Incrementality: One trick Cowie’s team uses to ease people is to start with very simple activities and incrementally give prompts and directions that will make participants take bigger risks. “Depending on how resistant a group or a person is, the more incremental you need to be,” she explains, starting with something easy. For instance, she says, when working with “professors, who like to talk, you start with the talking and storytelling forms and you might expand that a little more, a little more . . . and then maybe introduce a little bit of movement.” This concept of incrementality, she says, is “about breaking these big ideas or these big moments into smaller chunks so that they seem a little more attainable” and can be transposed to multiple contexts to work with resistant learners.  
 
Letting go: Cowie also admits that sometimes their work just doesn’t fit certain learners. But, she says, “That’s OK. That’s where they’re at, and it doesn’t have to be for everyone.” Scott agrees. Some of his programs aren’t a good fit for some people. Yet, he notes, often those who are most resistant at first grow the most through their experiences. Indeed, there’s a fine balance to find between encouraging participants to “stick with it” and letting them go. 

 
“Diploma disease” 

Learners are sometimes more obsessed with the idea of “getting a diploma” than with the pleasure of learning. As Munir Fasheh, wise elder of the Ecoversities Alliance, puts it, for some students “the only reason they go [to programs] is to get the certificate . . . because that’s the only thing [in which] they see value now.” On this note, Brumă Tristan reports on his visit to Swaraj University that “not only [does Swaraj not] have diplomas, but they playfully provoke the idea with a national campaign titled ‘healing ourselves from the ‘diploma disease.’”  

There are numerous reasons to offer cures for diploma disease. Diplomas tend to nurture extrinsic motivation instead of intrinsic motivation to learn. They are often linked to grading processes that insidiously promote competition over collaboration. To offer internationally recognized degrees, there’s a risk of falling into the homogenization trap that is an unintended consequence of widespread accreditation processes.  

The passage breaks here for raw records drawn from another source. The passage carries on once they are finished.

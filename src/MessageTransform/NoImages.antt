-- ===== src/MessageTransform/NoImages.antt =====
-- A model that takes no images gets none, by `transform_messages` of
-- crates/ri-llm-provider/src/message_transform.rs.
use ri.Base.{
  ℕ, ◌≡◌, refl, ◌∙◌, Bool, true, false, Option, List, [], ◌∷◌, ◌++◌, Text, length, any, arith,
  if◌then◌else◌,
}
use ri.Base.Lists.{any-append}
use ri.Base.Int.{ℤ}
use ri.Base.Sets.{contains, set_insert}
use ri.Base.Maps.{TextMap}
use ri.Message.{Host, Message, ToolCall}
use ri.Agent.Types.{Model}
use ri.MessageTransform.Images.{
  has_image, takes_images, downgrade_unsupported_images, downgrade_unsupported-has_image,
}
use ri.MessageTransform.Assistant.{ToolCallIdNormalizer, transform_each, transform_one}
use ri.MessageTransform.Synthetic.{
  calls_of, is_failed, synthetic_result, insert_missing_tool_results, synthetic_loop,
  insert_synthetic_tool_results,
}
use ri.MessageTransform.Whole.{transform_messages}

module _ {H : Host} where
  abbrev NoImage : List (Message H) → Type 0
  NoImage ms = any has_image ms ≡ false

  NoImage-snoc :
      (ms : List (Message H)) (m : Message H)
      → NoImage ms
      → has_image m ≡ false
      → NoImage (ms ++ m ∷ [])
  NoImage-snoc ms m h h' = ground (arith, any-append has_image ms (m ∷ []), h, h')

  transform_one-has_image :
      (model : Model H) (normalizer : Option (ToolCallIdNormalizer H)) (m : Message H)
      (ids : TextMap Text)
      → has_image ((transform_one model normalizer m ids).0) ≡ has_image m
  unfolding has_image transform_one
  transform_one-has_image model normalizer (Message.user m) ids = refl
  transform_one-has_image model normalizer (Message.assistant m) ids = refl
  transform_one-has_image model normalizer (Message.tool_result m) ids = refl

  transform_each-has_image :
      (model : Model H) (normalizer : Option (ToolCallIdNormalizer H)) (ms : List (Message H))
      (ids : TextMap Text)
      → any has_image (transform_each model normalizer ms ids) ≡ any has_image ms
  unfolding transform_each
  transform_each-has_image model normalizer [] ids = refl
  transform_each-has_image model normalizer (m ∷ ms) ids = ground (
    arith,
    transform_one-has_image model normalizer m ids,
    transform_each-has_image model normalizer ms ((transform_one model normalizer m ids).1),
  )

module _ {H : Host} (clock : ℕ → ℤ) where
  insert_missing-NoImage :
      (calls : List (ToolCall H)) (existing : List Text) (result : List (Message H))
      → NoImage result
      → NoImage (insert_missing_tool_results clock result calls existing)
  unfolding insert_missing_tool_results synthetic_result has_image
  insert_missing-NoImage [] existing result h = h
  insert_missing-NoImage (call ∷ calls) existing result h =
      insert_missing-NoImage calls existing
        (if contains existing call.id then result else result ++ new ∷ [])
        (by_found (contains existing call.id))
    where
      new : Message H
      new = Message.tool_result (synthetic_result (clock (length result)) call)

      by_found : (b : Bool) → NoImage (if b then result else result ++ new ∷ [])
      by_found true = h
      by_found false = NoImage-snoc result new h refl

  synthetic_loop-NoImage :
      (ms result : List (Message H)) (pending : List (ToolCall H)) (existing : List Text)
      → NoImage result
      → NoImage ms
      → NoImage (synthetic_loop clock result pending existing ms)
  unfolding synthetic_loop
  synthetic_loop-NoImage [] result pending existing h n =
      insert_missing-NoImage pending existing result h
  synthetic_loop-NoImage (Message.user m ∷ ms) result pending existing h n =
      synthetic_loop-NoImage ms
        (insert_missing_tool_results clock result pending existing ++ Message.user m ∷ []) [] []
        (NoImage-snoc (insert_missing_tool_results clock result pending existing) (Message.user m)
          (insert_missing-NoImage pending existing result h) (ground (arith, n)))
        (ground (arith, n))
  synthetic_loop-NoImage (Message.tool_result m ∷ ms) result pending existing h n =
      synthetic_loop-NoImage ms (result ++ Message.tool_result m ∷ []) pending
        (set_insert existing m.tool_call_id)
        (NoImage-snoc result (Message.tool_result m) h (ground (arith, n))) (ground (arith, n))
  synthetic_loop-NoImage (Message.assistant m ∷ ms) result pending existing h n =
      synthetic_loop-NoImage ms
        (if is_failed m.stop_reason then flushed else flushed ++ Message.assistant m ∷ [])
        (if is_failed m.stop_reason then [] else calls_of m) []
        (by_failed (is_failed m.stop_reason)) (ground (arith, n))
    where
      flushed : List (Message H)
      flushed = insert_missing_tool_results clock result pending existing

      by_failed : (b : Bool) → NoImage (if b then flushed else flushed ++ Message.assistant m ∷ [])
      by_failed true = insert_missing-NoImage pending existing result h
      by_failed false =
          NoImage-snoc flushed (Message.assistant m)
            (insert_missing-NoImage pending existing result h) (ground (arith, n))

  -- Where the kinds of input of the model do not name images, no message that it gets holds one.
  pub transform_messages-has_image :
      (ms : List (Message H)) (model : Model H) (normalizer : Option (ToolCallIdNormalizer H))
      → takes_images model ≡ false
      → any has_image (transform_messages clock ms model normalizer) ≡ false
  unfolding transform_messages insert_synthetic_tool_results
  transform_messages-has_image ms model normalizer h =
      synthetic_loop-NoImage
        (transform_each model normalizer (downgrade_unsupported_images ms model) []) [] [] [] refl
        (transform_each-has_image model normalizer (downgrade_unsupported_images ms model) []
          ∙ downgrade_unsupported-has_image ms model h)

The simple solution is to not offer diplomas, like Swaraj, but this sometimes makes it harder to attract resources such as financial support from governments and can make it harder to recruit participants, especially for extended programs.  

Getting accredited: Josefina Guzmán Días explained how her team at the Centro de Investigaciones y Estudios Transmodernos really didn’t want to get accredited to give official diplomas, yet their learners were always asking for them to do so. Many years after their founding, the team finally took the accreditation route, thinking it might serve their learning community. Their team was surprised the Mexican government accepted their proposal for a transparadigmatic program for health professionals without requesting any major changes, and their programs will soon be accredited.  

Alternatives to diplomas: Beyond giving diplomas, there are many creative ways to recognize learners’ accomplishments upon completion of their programs. At the end of the Arts and Social Program at InterPlay, Cowie says, there is a big “playful” graduation ceremony during which participants’ accomplishments are celebrated through songs, rituals, and performances. During the event the facilitators give each participant an uplifting, playful, half-gibberish/half-English speech about the lessons they are invited to carry forward. This is just one example among many other practices that honor learners’ development in a spirit of community. 

Decolonizing our minds 

Another struggle that many ecoversities face is around decolonizing minds. Mandel and Amaro explain decolonization as “an invitation to address, explore, and unlearn the dimensions of oppression, power, and privilege that are part of our own lives, relations, tools, structures, histories, and beliefs.” This invitation is challenging, as it frequently involves recognizing one’s complicity in social and environmental acts of violence — as in, for instance, acknowledging that the batteries in our phones, cameras, and cars may well be linked to deforestation and expropriation of land by extractive industries. This invitation challenges learners to unlearn/deconstruct/disinvest beliefs and habits that are often deeply rooted in their identity.  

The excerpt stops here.